U.S. District Judge Philip S. Gutierrez of the Central District of California initially denied their applications, noting that Hartmann does not maintain an office in California’s Central District. Gutierrez later admitted the three CFPB attorneys after one of them, Barry Reiferson, submitted a brief explaining the bureau does not have an office in the Los Angeles area “due to budgetary constraints.”

Reiferson noted the bureau has an office in San Francisco that is staffed with several attorneys who are members of the Central District of California bar.
“Given Mr. Kawakami’s conflict, and that the bureau is an agency of the federal government with limited resources, the bureau seeks for the court to permit its San Francisco attorneys who are members of this court’s bar to serve as local counsel in support of the attorneys in this case, who wish to continue their representation pro hac vice,” Reiferson wrote.

Reiferson said the CFPB hasn’t faced similar troubles in the three other cases Kawakami withdrew from: CFPB v.

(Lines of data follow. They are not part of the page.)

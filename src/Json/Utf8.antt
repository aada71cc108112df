-- ===== src/Json/Utf8.antt =====
-- What `append_utf8` of include/json.hpp appends is the UTF-8 form of the code point.
use glmserve.Prelude.{
  ℕ, ◌+◌, ◌-◌, ◌*◌, ◌≤◌, ◌≡◌, Bool, Option, none, some, [], ◌∷◌, ◌++◌, leb, ◌&&◌, if◌then◌else◌,
  Bool-cases, inl, inr, arith,
}
use glmserve.Prelude.Bytes.{Bytes}
use glmserve.Json.{append_utf8}

-- A continuation byte, 0b10xxxxxx.
abbrev tail_byte : ℕ → Bool
tail_byte b = leb 0x80 b && leb b 0xBF

-- The decoder of RFC 3629, its surrogate rule left out: it refuses a form longer than need be.
unfoldable pub decode : Bytes → Option ℕ
decode (a ∷ []) = if leb a 0x7F then some a else none
decode (a ∷ b ∷ []) =
    if leb 0xC2 a && leb a 0xDF && tail_byte b then some ((a - 0xC0) * 64 + (b - 0x80)) else none
decode (a ∷ b ∷ c ∷ []) =
    let value = ((a - 0xE0) * 64 + (b - 0x80)) * 64 + (c - 0x80) in
    if leb 0xE0 a && leb a 0xEF && tail_byte b && tail_byte c && leb 0x800 value
    then some value
    else none
decode (a ∷ b ∷ c ∷ d ∷ []) =
    let value = (((a - 0xF0) * 64 + (b - 0x80)) * 64 + (c - 0x80)) * 64 + (d - 0x80) in
    if leb 0xF0 a
      && leb a 0xF4
      && tail_byte b
      && tail_byte c
      && tail_byte d
      && leb 0x10000 value
      && leb value 0x10FFFF
    then some value
    else none
decode s = none

-- One code point up to 0x10FFFF is appended, in its shortest form.
pub append_utf8-decode :
    (out : Bytes) (cp : ℕ)
    → cp ≤ 0x10FFFF
    → (append_utf8 out cp ≡ out ++ append_utf8 [] cp) × (decode (append_utf8 [] cp) ≡ some cp)
unfolding append_utf8 decode
append_utf8-decode out cp h = elim (Bool-cases (leb cp 0x7F)) [
  | inl e ↦ (rw e, rw e (ground arith))
  | inr e ↦ elim (Bool-cases (leb cp 0x7FF)) [
    | inl f ↦ (rw (e, f), rw (e, f) (ground arith))
    | inr f ↦ elim (Bool-cases (leb cp 0xFFFF)) [
      | inl g ↦ (rw (e, f, g), rw (e, f, g) (ground arith))
      | inr g ↦ (rw (e, f, g), rw (e, f, g) (ground arith))
    ]
  ]
]
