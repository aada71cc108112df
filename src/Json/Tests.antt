-- ===== src/Json/Tests.antt =====
-- The parser of include/json.hpp run on texts, and the instances of its theorems.
use glmserve.Prelude.{ℕ, ◌≡◌, ◌≢◌, refl, Bool, Option, none, some, [], ◌∷◌, ◌++◌, arith}
use glmserve.Prelude.Bytes.{Bytes, codes}
use glmserve.Prelude.Result.{ok, err}
use glmserve.Json.{
  fail, bad_array, out_of_fuel, append_utf8, skip_ws, parse_string, string_loop, string_turn,
  unescape, parse_code_point, parse_hex4,
}
use glmserve.Json.Parser.{
  null, boolean, number, string, array, object, no_values, value_then, no_members, member_then,
  parse, parse_value, parse_object, members_loop, parse_array, elements_loop, parse_number,
  number_text, number_loop, parse_bool, parse_null, insert, parse_string_value,
}
use glmserve.Json.Escape.{json_escape}
use glmserve.Json.Escape.Text.{parse-json_escape}
use glmserve.Json.Utf8.{decode, append_utf8-decode}
use glmserve.Json.Termination.Descent.{parse-ends}

-- A `stod` that takes every text for its first character.
abbrev stod : Bytes → Option ℕ
stod [] = none
stod (c ∷ s) = some c

abbrev odd_text : Bytes
odd_text = b'"' ∷ 0 ∷ b'\n' ∷ 0x1F ∷ b'\\' ∷ 0xC3 ∷ 0xA9 ∷ []

parse_object_test :
    parse stod (codes " {\"b\":[1,true], \"a\" : null} trailing")
    ≡ ok (
        object (
          member_then (codes "a") null (
            member_then
              (codes "b")
              (array (value_then (number b'1') (value_then (boolean Bool.true) no_values)))
              no_members)))
unfolding parse parse_value skip_ws parse_object members_loop parse_string string_loop string_turn
    parse_array elements_loop parse_number number_text number_loop parse_bool parse_null insert
parse_object_test = refl

parse_array_test : parse stod (codes "[1;") ≡ err (fail [] bad_array)
unfolding parse parse_value skip_ws parse_array elements_loop parse_number number_text number_loop
parse_array_test = refl

parse_pair_test :
    parse stod (codes "\"\\ud83d\\ude00\"") ≡ ok (string (0xF0 ∷ 0x9F ∷ 0x98 ∷ 0x80 ∷ []))
unfolding parse parse_value skip_ws parse_string_value parse_string string_loop string_turn unescape
    parse_code_point parse_hex4 append_utf8
parse_pair_test = refl

parse-json_escape_example :
    parse stod (b'"' ∷ json_escape odd_text ++ b'"' ∷ []) ≡ ok (string odd_text)
parse-json_escape_example = parse-json_escape stod odd_text []

append_utf8-decode_example :
    (append_utf8 (codes "x") 0x20AC ≡ codes "x" ++ append_utf8 [] 0x20AC)
    × (decode (append_utf8 [] 0x20AC) ≡ some 0x20AC)
append_utf8-decode_example = append_utf8-decode (codes "x") 0x20AC (omega arith)

parse-ends_example : parse stod (codes "{\"a\":[") ≢ err out_of_fuel
parse-ends_example = parse-ends stod (codes "{\"a\":[")
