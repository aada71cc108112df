-- ===== src/KvCache.antt =====
-- The paged KV cache of src/kv_cache.cpp and include/kv_cache.hpp: the block pool and the
-- per-sequence block tables. Pointers are offsets into the pool that they point into; the float
-- contents are not modelled. `free_list` and `block_table` hold the back of the vector first
-- and the front of the vector first.
pub mod Reserve
pub mod Pool
mod Tests
use glmserve.Prelude.{
  ℕ, zero, suc, ◌+◌, ◌-◌, ◌*◌, ◌/◌, ◌%◌, Bool, true, List, [], ◌∷◌, ◌++◌, none, some, ltb,
  if◌then◌else◌, length, get_elem?,
}
use glmserve.Prelude.Int.{ℤ, pos, negsuc, minus_one}
use glmserve.Prelude.Result.{Result, ok, err, ◌>>=◌, ◌>>◌, check}

pub record KvCache : Type 0 where
  pub num_layers : ℕ
  pub num_kv_heads : ℕ
  pub head_dim : ℕ
  pub block_size : ℕ
  pub num_blocks : ℕ
  pub indexer_dim : ℕ
  pub block_stride : ℕ
  pub layer_stride : ℕ
  pub index_block_stride : ℕ
  pub index_layer_stride : ℕ
  pub k_size : ℕ
  pub v_size : ℕ
  pub index_size : ℕ
  pub free_list : List ℕ

-- The ids that the constructor pushes, `num_blocks - 1` down to 0: the back of the vector is 0.
abbrev pub ids_from : ℕ → ℕ → List ℕ
ids_from i zero = []
ids_from i (suc n) = i ∷ ids_from (i + 1) n

pub new_cache : ℕ → ℕ → ℕ → ℕ → ℕ → ℕ → KvCache
new_cache num_layers num_kv_heads head_dim block_size num_blocks indexer_dim =
    let block_stride = block_size * num_kv_heads * head_dim in
    let layer_stride = num_blocks * block_stride in
    let enabled = ltb 0 indexer_dim in
    let index_block_stride = if enabled then block_size * indexer_dim else 0 in
    let index_layer_stride = if enabled then num_blocks * index_block_stride else 0 in
    record {
      num_layers = num_layers;
      num_kv_heads = num_kv_heads;
      head_dim = head_dim;
      block_size = block_size;
      num_blocks = num_blocks;
      indexer_dim = indexer_dim;
      block_stride = block_stride;
      layer_stride = layer_stride;
      index_block_stride = index_block_stride;
      index_layer_stride = index_layer_stride;
      k_size = num_layers * layer_stride;
      v_size = num_layers * layer_stride;
      index_size = if enabled then num_layers * index_layer_stride else 0;
      free_list = ids_from 0 num_blocks;
    }

abbrev pub kv_dim : KvCache → ℕ
kv_dim c = c.num_kv_heads * c.head_dim

-- `sizeof(float)` is 4.
pub bytes : KvCache → ℕ
bytes c = (c.k_size + c.v_size + c.index_size) * 4

pop_free : KvCache → List ℕ → KvCache × ℤ
pop_free c [] = (c, minus_one)
pop_free c (id ∷ rest) = (record c { free_list = rest }, pos id)

pub allocate_block : KvCache → KvCache × ℤ
unfolding pop_free
allocate_block c = pop_free c c.free_list

pub free_block : KvCache → ℤ → KvCache
free_block c (pos id) = record c { free_list = id ∷ c.free_list }
free_block c (negsuc _) = c

pub data Error : Type 0 where
  indexer_disabled not_attached : Error
  exhausted : Error
  -- a read of `block_table` past its end, which the source leaves undefined
  bad_block : Error

-- The offset of a physical block in the K pool of a layer; the V pool has the same shape.
unfoldable pub k_block : KvCache → ℕ → ℕ → ℕ
k_block c layer block_id = layer * c.layer_stride + block_id * c.block_stride

unfoldable pub v_block : KvCache → ℕ → ℕ → ℕ
v_block c layer block_id = layer * c.layer_stride + block_id * c.block_stride

unfoldable pub index_block : KvCache → ℕ → ℕ → Result Error ℕ
index_block c layer block_id = do
  check (ltb 0 c.indexer_dim) indexer_disabled
  ok (layer * c.index_layer_stride + block_id * c.index_block_stride)

-- The `cache` pointer of the source is the cache that each operation is given; `attached` says
-- that it is not null.
pub record SequenceKv : Type 0 where
  pub request_id : ℕ
  pub block_table : List ℕ
  pub length : ℕ
  pub attached : Bool

pub make_sequence : ℕ → SequenceKv
make_sequence request_id = record {
  request_id = request_id;
  block_table = [];
  length = 0;
  attached = true;
}

-- The cache and the sequence after a call, also after one that throws.
pub record Outcome : Type 0 where
  pub cache : KvCache
  pub sequence : SequenceKv
  pub result : Result Error (Unit {0})

-- The `while` loop of `reserve`, with the number of blocks that are still missing.
reserve_blocks : ℕ → KvCache → SequenceKv → Outcome
reserve_blocks zero c s = record { cache = c; sequence = s; result = ok tt }
reserve_blocks (suc missing) c s =
    let (c', blk) = allocate_block c in
    elim blk [
      | pos id ↦ reserve_blocks missing c' (record s { block_table = s.block_table ++ id ∷ [] })
      | negsuc _ ↦ record { cache = c'; sequence = s; result = err exhausted }
    ]

-- `(tokens + bs - 1) / bs`.
abbrev pub blocks_for : ℕ → ℕ → ℕ
blocks_for bs tokens = (tokens + bs - 1) / bs

pub reserve : KvCache → SequenceKv → ℕ → Outcome
unfolding reserve_blocks
reserve c s additional =
    if s.attached
    then reserve_blocks (blocks_for c.block_size (s.length + additional) - length s.block_table) c s
    else record { cache = c; sequence = s; result = err not_attached }

free_all : KvCache → List ℕ → KvCache
free_all c [] = c
free_all c (blk ∷ rest) = free_all (free_block c (pos blk)) rest

pub release : KvCache → SequenceKv → KvCache × SequenceKv
unfolding free_all
release c s =
    if s.attached
    then (free_all c s.block_table, record s { block_table = []; length = 0 })
    else (c, s)

physical : SequenceKv → KvCache → ℕ → Result Error ℕ
physical s c p = elim (get_elem? s.block_table (p / c.block_size)) [
  | none ↦ err bad_block
  | some phys ↦ ok phys
]

-- The offset of a token's K entries. The `const` overload has the same body.
pub k_slot : KvCache → SequenceKv → ℕ → ℕ → Result Error ℕ
unfolding physical
k_slot c s layer p = do
  phys ← physical s c p
  ok (k_block c layer phys + p % c.block_size * kv_dim c)

pub v_slot : KvCache → SequenceKv → ℕ → ℕ → Result Error ℕ
unfolding physical
v_slot c s layer p = do
  phys ← physical s c p
  ok (v_block c layer phys + p % c.block_size * kv_dim c)

pub index_slot : KvCache → SequenceKv → ℕ → ℕ → Result Error ℕ
unfolding physical
index_slot c s layer p = do
  phys ← physical s c p
  base ← index_block c layer phys
  ok (base + p % c.block_size * c.indexer_dim)
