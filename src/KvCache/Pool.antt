-- ===== src/KvCache/Pool.antt =====
-- Several sequences over one cache, as the engine runs them: `GLM52Model::forward` reserves room
-- for the new tokens and then counts them, speculative decoding rewinds the count, and `release`
-- gives a sequence's blocks back. An exception of `reserve` leaves the blocks that it had taken.
pub mod Ownership
pub mod Slots
use glmserve.Prelude.{
  ℕ, zero, suc, ◌+◌, ◌*◌, ◌≤◌, ◌<◌, ◌≡◌, List, [], ◌∷◌, ◌++◌, some, ltb, if◌then◌else◌, length,
  get_elem?, set, count, All,
}
use glmserve.Prelude.Result.{ok, err}
use glmserve.KvCache.{KvCache, SequenceKv, Error, Outcome, make_sequence, reserve, release, kv_dim}

pub record Pool : Type 0 where
  pub cache : KvCache
  pub sequences : List SequenceKv

abbrev pub replace : Pool → ℕ → KvCache → SequenceKv → Pool
replace p i c s = record { cache = c; sequences = set p.sequences i s }

pub data Step (p : Pool) : Pool → Type 0 where
  opened : (id : ℕ) → Step p (record p { sequences = make_sequence id ∷ p.sequences })
  appended :
      (i n : ℕ) (s : SequenceKv)
      → get_elem? p.sequences i ≡ some s
      → (reserve p.cache s n).result ≡ ok tt
      → Step p (
          let o = reserve p.cache s n in
          replace p i o.cache (record o.sequence { length = o.sequence.length + n }))
  refused :
      (i n : ℕ) (s : SequenceKv) (e : Error)
      → get_elem? p.sequences i ≡ some s
      → (reserve p.cache s n).result ≡ err e
      → Step p (let o = reserve p.cache s n in replace p i o.cache o.sequence)
  rewound :
      (i n : ℕ) (s : SequenceKv)
      → get_elem? p.sequences i ≡ some s
      → n ≤ s.length
      → Step p (replace p i p.cache (record s { length = n }))
  released :
      (i : ℕ) (s : SequenceKv)
      → get_elem? p.sequences i ≡ some s
      → Step p (let r = release p.cache s in replace p i r.0 r.1)

pub data Reach (p : Pool) : Pool → Type 0 where
  here : Reach p p
  next : {q r : Pool} → Reach p q → Step q r → Reach p r

-- How often a block id stands in the block tables.
abbrev pub held : ℕ → List SequenceKv → ℕ
held a [] = 0
held a (s ∷ ss) = count a s.block_table + held a ss

-- The tokens of a sequence lie in the blocks that it owns.
abbrev pub Fits : ℕ → SequenceKv → Type 0
Fits bs s = s.length ≤ length s.block_table * bs

-- The strides and the size of the K pool are those of the constructor.
abbrev pub Layout : KvCache → Type 0
Layout c =
    (c.block_stride ≡ c.block_size * kv_dim c)
    × (c.layer_stride ≡ c.num_blocks * c.block_stride)
    × (c.k_size ≡ c.num_layers * c.layer_stride)

-- Every block of the cache stands in exactly one place, the free list or one entry of one block
-- table, and nothing else stands there.
pub record Inv (p : Pool) : Type 0 where
  pub once :
      (a : ℕ)
      → count a p.cache.free_list + held a p.sequences ≡ (if ltb a p.cache.num_blocks then 1 else 0)
  pub fits : All (Fits p.cache.block_size) p.sequences
  pub layout : Layout p.cache
  pub block_pos : 0 < p.cache.block_size
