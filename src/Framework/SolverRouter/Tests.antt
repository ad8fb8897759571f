-- ===== src/Framework/SolverRouter/Tests.antt =====
-- Concrete inputs for the theorems on the solver router.
use mangarr_gateway.Prelude.{[], if◌then◌else◌, nat_beq, refl, some, ℕ, ◌∷◌, ◌≡◌}
use mangarr_gateway.Prelude.Dict
use mangarr_gateway.Framework.SolverRouter.{Router, backend_for, Warmed, crashed, failed_keys}

-- Two lanes share a backend.
abbrev router : Router
router = record {
  patchright = 0;
  android_by_lane = ("default", 1) ∷ ("fast", 2) ∷ ("spare", 1) ∷ [];
  source_lane_map = ("kagane", "fast") ∷ [];
  eval_backend = 1;
  engine_by_source = ("kagane", "android") ∷ [];
}

abbrev warmed : ℕ → Warmed
warmed b = if nat_beq b 0 then crashed else failed_keys ("kagane" ∷ [])

fast_lane : backend_for router "kagane" ≡ some 2
unfolding backend_for Dict.get
fast_lane = refl
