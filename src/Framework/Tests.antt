-- ===== src/Framework/Tests.antt =====
-- Concrete inputs for the theorems on the cooldown and the fan-out.
mod Selections
use mangarr_gateway.Prelude.{
  Bool, List, String, [], count, if◌then◌else◌, keep, map, none, refl, string_eq, true, ℕ, ◌==◌,
  ◌∷◌, ◌≡◌,
}
use mangarr_gateway.Prelude.Dict
use mangarr_gateway.Framework.Cooldown.{Cooldown, enabled, record_failure, in_cooldown}
use mangarr_gateway.Framework.Cooldown.Backoff.{failures, in_cooldown-failures}
use mangarr_gateway.Framework.Cooldown.Isolation.{Call, failure, about, calls, in_cooldown-calls}
use mangarr_gateway.Framework.FanOut.{
  Attempt, result, timed_out, cancelled, Warning, releases, fan_out,
}
use mangarr_gateway.Framework.FanOut.Isolation.{all_warned, AllFair, IsCollected, fan_out-given}

abbrev start : Cooldown
start = record { base = 30; cap = 600; until = []; streak = [] }

on : enabled start ≡ true
unfolding enabled
on = refl

no_entry : Dict.get {K = String} {V = ℕ} [] "comix" ≡ none
unfolding Dict.get
no_entry = refl

-- The third failure in a row, at 9, opens a cooldown of 60.
in_cooldown-failures_example :
    (in_cooldown 68 "comix" (record_failure 9 "comix" (failures (3 ∷ 5 ∷ []) "comix" start))).0
    ≡ true
in_cooldown-failures_example =
    in_cooldown-failures (3 ∷ 5 ∷ []) 9 68 "comix" start on no_entry no_entry

abbrev history : List Call
history = failure 1 "comix" ∷ failure 2 "kagane" ∷ failure 3 "comix" ∷ []

in_cooldown-calls_example :
    (in_cooldown 4 "kagane" (calls history start)).0
    ≡ (in_cooldown 4 "kagane" (calls (keep (about "kagane") history) start)).0
in_cooldown-calls_example = in_cooldown-calls "kagane" history 4 start

abbrev key : String → String
key s = s

abbrev outcome : String → Attempt ℕ
outcome s =
    if s == "comix" then timed_out else if s == "kagane" then cancelled else result (7 ∷ 8 ∷ [])

abbrev soft : String → List (String × String)
soft s = ("partial", "one page") ∷ []

-- The second source ends before the first.
abbrev moves : List (ℕ × ℕ)
moves = (0, 0) ∷ (0, 1) ∷ (5, 1) ∷ (30, 0) ∷ []

abbrev sources : List String
sources = "comix" ∷ "mangadex" ∷ []

fan_out-given_example :
    (map (λ t. t.src) (fan_out key outcome soft moves sources none).0 ≡ sources)
    × AllFair key outcome soft (fan_out key outcome soft moves sources none).0
    × IsCollected key outcome soft (fan_out key outcome soft moves sources none).0
    × ((p : Warning → Bool)
        → count p (fan_out key outcome soft moves sources none).1.warnings
          ≡ count p (all_warned key outcome soft (fan_out key outcome soft moves sources none).0))
fan_out-given_example = fan_out-given key outcome soft moves sources none

-- A cancelled run takes the releases of all sources with it.
cancelled_run :
    releases key outcome soft
      (fan_out key outcome soft
        ((0, 0) ∷ (0, 1) ∷ (5, 1) ∷ (30, 0) ∷ [])
        ("kagane" ∷ "mangadex" ∷ [])
        none).0
    ≡ none
unfolding fan_out releases
cancelled_run = refl
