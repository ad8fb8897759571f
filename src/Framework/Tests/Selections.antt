-- ===== src/Framework/Tests/Selections.antt =====
-- Concrete inputs for the theorems on the breaker, the lanes and the proxies.
use mangarr_gateway.Prelude.{
  List, String, [], count, if◌then◌else◌, keep, none, refl, some, string_eq, true, ℕ, ◌==◌, ◌∷◌,
  ◌≡◌,
}
use mangarr_gateway.Prelude.Dict
use mangarr_gateway.Prelude.Dict.{Dict}
use mangarr_gateway.Framework.Health.{
  failure, success, force, is_enabled, events, new, is_enabled-events,
}
use mangarr_gateway.Framework.Relevance.{is_exact, prune_candidates}
use mangarr_gateway.Framework.Lanes.{lane_of}
use mangarr_gateway.Framework.ProxyPool.{
  PooledProxy, selection_key, ProxyPool, on_cooldown, available, acquire, mark_failed,
  SourcePinnedProxies, current, rotate,
}

-- One failure after a success, with a threshold of 2.
is_enabled-events_example :
    is_enabled (events (failure ∷ success ∷ force ∷ failure ∷ []) (new 2)) ≡ true
is_enabled-events_example = is_enabled-events 2 (failure ∷ success ∷ force ∷ failure ∷ [])

abbrev lanes : Dict String String
lanes = ("default", "device1:5555") ∷ ("fast", "device2:5555") ∷ []

abbrev lane_map : Dict String String
lane_map = ("comix", "fast") ∷ []

abbrev keys : List String
keys = "comix" ∷ "kagane" ∷ []

declared : count (λ l. lane_of lane_map "kagane" == l.0) lanes ≡ 1
unfolding lane_of Dict.get count
declared = refl

abbrev proxy : String → PooledProxy
proxy user = record { host = "gate"; port = "8000"; username = some user; password = some "p" }

abbrev pool : ProxyPool
pool = record { proxies = proxy "a" ∷ proxy "b" ∷ []; cooldown_seconds = 60; cooldowns = [] }

acquired : (acquire 5 7 ("gate:8000:a" ∷ []) pool).0 ≡ some (proxy "b")
unfolding acquire available on_cooldown selection_key Dict.get
acquired = refl

exhausted : (acquire 5 7 ("gate:8000:b" ∷ "gate:8000:a" ∷ []) pool).0 ≡ none
unfolding acquire available selection_key
exhausted = refl

abbrev pins : SourcePinnedProxies
pins = record { pool = some pool; pins = ("comix", proxy "a") ∷ [] }

pinned_one : current "comix" pins ≡ some (proxy "a")
unfolding current Dict.get
pinned_one = refl

rotated : (rotate 5 7 "comix" [] pins).0 ≡ some (proxy "b")
unfolding rotate acquire available on_cooldown mark_failed selection_key Dict.get Dict.put Dict.pop
rotated = refl

abbrev titles : String → List String
titles c = c ∷ "naruto side story" ∷ []

abbrev score : String → String → ℕ
score t q = if t == q then 100 else 50

abbrev found : List String
found = "boruto" ∷ "naruto" ∷ "gaiden" ∷ []

one_exact : count (is_exact titles score 60 40 "naruto") found ≡ 1
unfolding count
one_exact = refl

pruned : prune_candidates titles score 60 40 "naruto" 2 found ≡ "naruto" ∷ []
unfolding prune_candidates keep
pruned = refl
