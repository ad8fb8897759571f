-- ===== src/Handles.antt =====
-- src/manga_gateway/handles/store.py: the opaque handles of releases.
pub mod Record
pub mod Store
mod Tests
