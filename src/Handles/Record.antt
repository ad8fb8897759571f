-- ===== src/Handles/Record.antt =====
-- `ResolutionRecord` of src/manga_gateway/handles/store.py. A decimal chapter number is its text.
use mangarr_gateway.Prelude.{Option, String, ℕ}

pub record ResolutionRecord : Type 0 where
  pub source_key : String
  pub chapter_id : String
  pub language : String
  pub title : String
  pub manga_title : Option String
  pub chapter_number : Option String
  pub volume : Option ℕ
  pub scanlation_group : Option String
  pub page_count : Option ℕ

Prime Marketing HoldingsCFPB v. CashCall and CFPB v. Howard. These cases are pending in the Central District of California in front of other judges. Kawakami was not available for comment.

In South Florida, the CFPB sued Ocwen Financial Corp., a leading mortgage servicer, in April without involving the local U.S. Attorney’s Office. But the Justice Department may soon participate nonetheless.

federal judge on Aug. 1 granted Ocwen’s request to “invite the views” of the U.S. attorney general, giving the Justice Department a new venue to contest the lawfulness of the CFPB’s structure.